#### Assignment:
Go through the records, and copy each line in which the string "antt" is present.

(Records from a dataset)
BEGIN
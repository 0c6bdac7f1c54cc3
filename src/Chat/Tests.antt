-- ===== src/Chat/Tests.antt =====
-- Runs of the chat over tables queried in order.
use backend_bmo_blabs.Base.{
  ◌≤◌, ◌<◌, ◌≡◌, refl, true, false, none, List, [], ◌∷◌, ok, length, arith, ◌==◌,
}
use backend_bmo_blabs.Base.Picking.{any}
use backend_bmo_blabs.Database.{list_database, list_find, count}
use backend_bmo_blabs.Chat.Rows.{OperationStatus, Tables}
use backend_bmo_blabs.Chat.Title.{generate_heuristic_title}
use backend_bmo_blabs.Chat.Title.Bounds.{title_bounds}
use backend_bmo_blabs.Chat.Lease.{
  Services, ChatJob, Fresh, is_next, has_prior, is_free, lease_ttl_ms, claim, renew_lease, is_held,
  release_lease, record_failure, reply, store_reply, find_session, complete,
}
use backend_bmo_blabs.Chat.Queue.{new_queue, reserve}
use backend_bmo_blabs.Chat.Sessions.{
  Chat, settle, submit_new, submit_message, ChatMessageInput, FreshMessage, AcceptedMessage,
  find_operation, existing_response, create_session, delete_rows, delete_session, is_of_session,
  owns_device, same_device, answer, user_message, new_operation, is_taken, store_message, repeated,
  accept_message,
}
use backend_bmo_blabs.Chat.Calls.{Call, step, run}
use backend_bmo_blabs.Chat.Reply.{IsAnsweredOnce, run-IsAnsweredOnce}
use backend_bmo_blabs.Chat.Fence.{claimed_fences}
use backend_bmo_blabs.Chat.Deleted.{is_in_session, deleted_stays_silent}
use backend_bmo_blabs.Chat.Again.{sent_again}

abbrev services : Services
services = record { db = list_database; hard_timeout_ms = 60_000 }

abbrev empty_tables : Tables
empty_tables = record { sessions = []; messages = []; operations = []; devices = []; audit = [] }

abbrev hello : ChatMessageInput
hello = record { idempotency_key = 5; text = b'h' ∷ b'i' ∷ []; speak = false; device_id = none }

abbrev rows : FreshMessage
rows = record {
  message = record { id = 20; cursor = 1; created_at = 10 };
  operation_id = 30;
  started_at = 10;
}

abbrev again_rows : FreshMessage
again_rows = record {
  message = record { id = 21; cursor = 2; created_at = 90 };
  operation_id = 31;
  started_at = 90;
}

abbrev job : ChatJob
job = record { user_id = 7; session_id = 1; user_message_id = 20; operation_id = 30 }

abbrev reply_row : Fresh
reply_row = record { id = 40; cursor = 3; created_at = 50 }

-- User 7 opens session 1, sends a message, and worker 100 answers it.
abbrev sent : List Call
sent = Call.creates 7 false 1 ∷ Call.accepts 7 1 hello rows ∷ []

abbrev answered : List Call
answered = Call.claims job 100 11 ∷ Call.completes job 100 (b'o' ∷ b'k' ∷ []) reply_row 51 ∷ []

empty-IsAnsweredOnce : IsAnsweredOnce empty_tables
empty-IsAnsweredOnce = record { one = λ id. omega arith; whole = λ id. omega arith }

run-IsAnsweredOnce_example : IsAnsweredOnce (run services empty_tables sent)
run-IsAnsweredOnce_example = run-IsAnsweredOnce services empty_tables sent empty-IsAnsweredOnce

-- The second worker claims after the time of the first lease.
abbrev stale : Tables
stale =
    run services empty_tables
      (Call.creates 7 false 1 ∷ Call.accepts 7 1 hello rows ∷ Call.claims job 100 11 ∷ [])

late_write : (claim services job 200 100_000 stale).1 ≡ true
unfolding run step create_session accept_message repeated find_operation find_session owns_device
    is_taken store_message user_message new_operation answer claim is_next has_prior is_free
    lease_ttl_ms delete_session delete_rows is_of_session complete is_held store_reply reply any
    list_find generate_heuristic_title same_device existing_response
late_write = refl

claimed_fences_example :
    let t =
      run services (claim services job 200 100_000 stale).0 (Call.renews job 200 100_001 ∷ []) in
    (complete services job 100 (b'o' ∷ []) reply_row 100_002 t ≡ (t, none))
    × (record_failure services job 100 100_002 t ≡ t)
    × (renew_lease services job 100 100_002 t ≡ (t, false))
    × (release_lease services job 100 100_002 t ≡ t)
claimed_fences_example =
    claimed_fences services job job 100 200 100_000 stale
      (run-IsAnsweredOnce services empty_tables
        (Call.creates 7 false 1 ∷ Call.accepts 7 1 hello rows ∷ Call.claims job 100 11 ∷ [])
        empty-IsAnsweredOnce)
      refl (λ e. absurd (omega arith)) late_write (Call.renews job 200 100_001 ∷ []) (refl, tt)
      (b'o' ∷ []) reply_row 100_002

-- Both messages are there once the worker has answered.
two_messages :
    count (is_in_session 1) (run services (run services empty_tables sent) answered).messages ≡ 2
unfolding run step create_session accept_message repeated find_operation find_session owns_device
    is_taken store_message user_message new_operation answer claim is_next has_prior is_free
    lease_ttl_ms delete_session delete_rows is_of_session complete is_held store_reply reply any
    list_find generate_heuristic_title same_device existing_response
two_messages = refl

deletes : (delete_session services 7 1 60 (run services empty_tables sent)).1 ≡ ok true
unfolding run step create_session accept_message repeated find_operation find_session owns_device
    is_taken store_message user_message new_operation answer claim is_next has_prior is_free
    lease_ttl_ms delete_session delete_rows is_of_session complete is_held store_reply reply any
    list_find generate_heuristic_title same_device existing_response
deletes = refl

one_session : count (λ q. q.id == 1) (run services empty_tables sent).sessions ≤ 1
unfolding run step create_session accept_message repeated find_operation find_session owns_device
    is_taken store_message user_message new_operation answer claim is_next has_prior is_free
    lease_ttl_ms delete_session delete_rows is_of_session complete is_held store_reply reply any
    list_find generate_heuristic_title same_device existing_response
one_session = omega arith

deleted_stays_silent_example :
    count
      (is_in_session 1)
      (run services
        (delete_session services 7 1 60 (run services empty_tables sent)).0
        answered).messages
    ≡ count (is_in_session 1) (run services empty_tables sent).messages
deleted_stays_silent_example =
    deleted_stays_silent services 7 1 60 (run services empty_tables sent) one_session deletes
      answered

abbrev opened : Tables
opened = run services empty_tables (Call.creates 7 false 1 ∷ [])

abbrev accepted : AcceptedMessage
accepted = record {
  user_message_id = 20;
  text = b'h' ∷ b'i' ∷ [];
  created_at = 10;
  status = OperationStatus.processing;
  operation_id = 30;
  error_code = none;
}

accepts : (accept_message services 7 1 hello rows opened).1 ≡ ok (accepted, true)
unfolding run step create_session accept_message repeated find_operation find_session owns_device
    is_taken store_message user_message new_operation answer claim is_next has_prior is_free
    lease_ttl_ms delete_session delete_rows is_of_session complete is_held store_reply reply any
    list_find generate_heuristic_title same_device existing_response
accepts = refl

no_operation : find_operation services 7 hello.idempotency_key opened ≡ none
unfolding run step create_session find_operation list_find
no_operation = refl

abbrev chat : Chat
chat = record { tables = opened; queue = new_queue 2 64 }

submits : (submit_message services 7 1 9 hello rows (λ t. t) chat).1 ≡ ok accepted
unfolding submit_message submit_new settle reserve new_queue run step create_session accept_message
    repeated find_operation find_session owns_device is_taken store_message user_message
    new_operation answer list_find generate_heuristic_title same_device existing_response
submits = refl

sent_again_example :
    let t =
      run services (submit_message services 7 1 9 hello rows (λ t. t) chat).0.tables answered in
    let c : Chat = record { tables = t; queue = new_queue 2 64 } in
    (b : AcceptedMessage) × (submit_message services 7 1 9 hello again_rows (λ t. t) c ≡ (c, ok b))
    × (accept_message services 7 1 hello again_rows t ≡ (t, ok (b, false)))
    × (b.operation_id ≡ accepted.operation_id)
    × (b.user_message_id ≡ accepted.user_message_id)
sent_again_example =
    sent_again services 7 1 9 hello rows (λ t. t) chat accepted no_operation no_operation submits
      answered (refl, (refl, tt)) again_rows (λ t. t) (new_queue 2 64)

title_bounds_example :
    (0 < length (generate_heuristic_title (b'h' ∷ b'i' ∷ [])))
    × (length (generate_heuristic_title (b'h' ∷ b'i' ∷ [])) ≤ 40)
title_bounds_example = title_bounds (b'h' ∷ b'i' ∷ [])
END
#### Solution to this exercise:
filename src/Chat/Tests.antt
-- ===== src/Chat/Tests.antt =====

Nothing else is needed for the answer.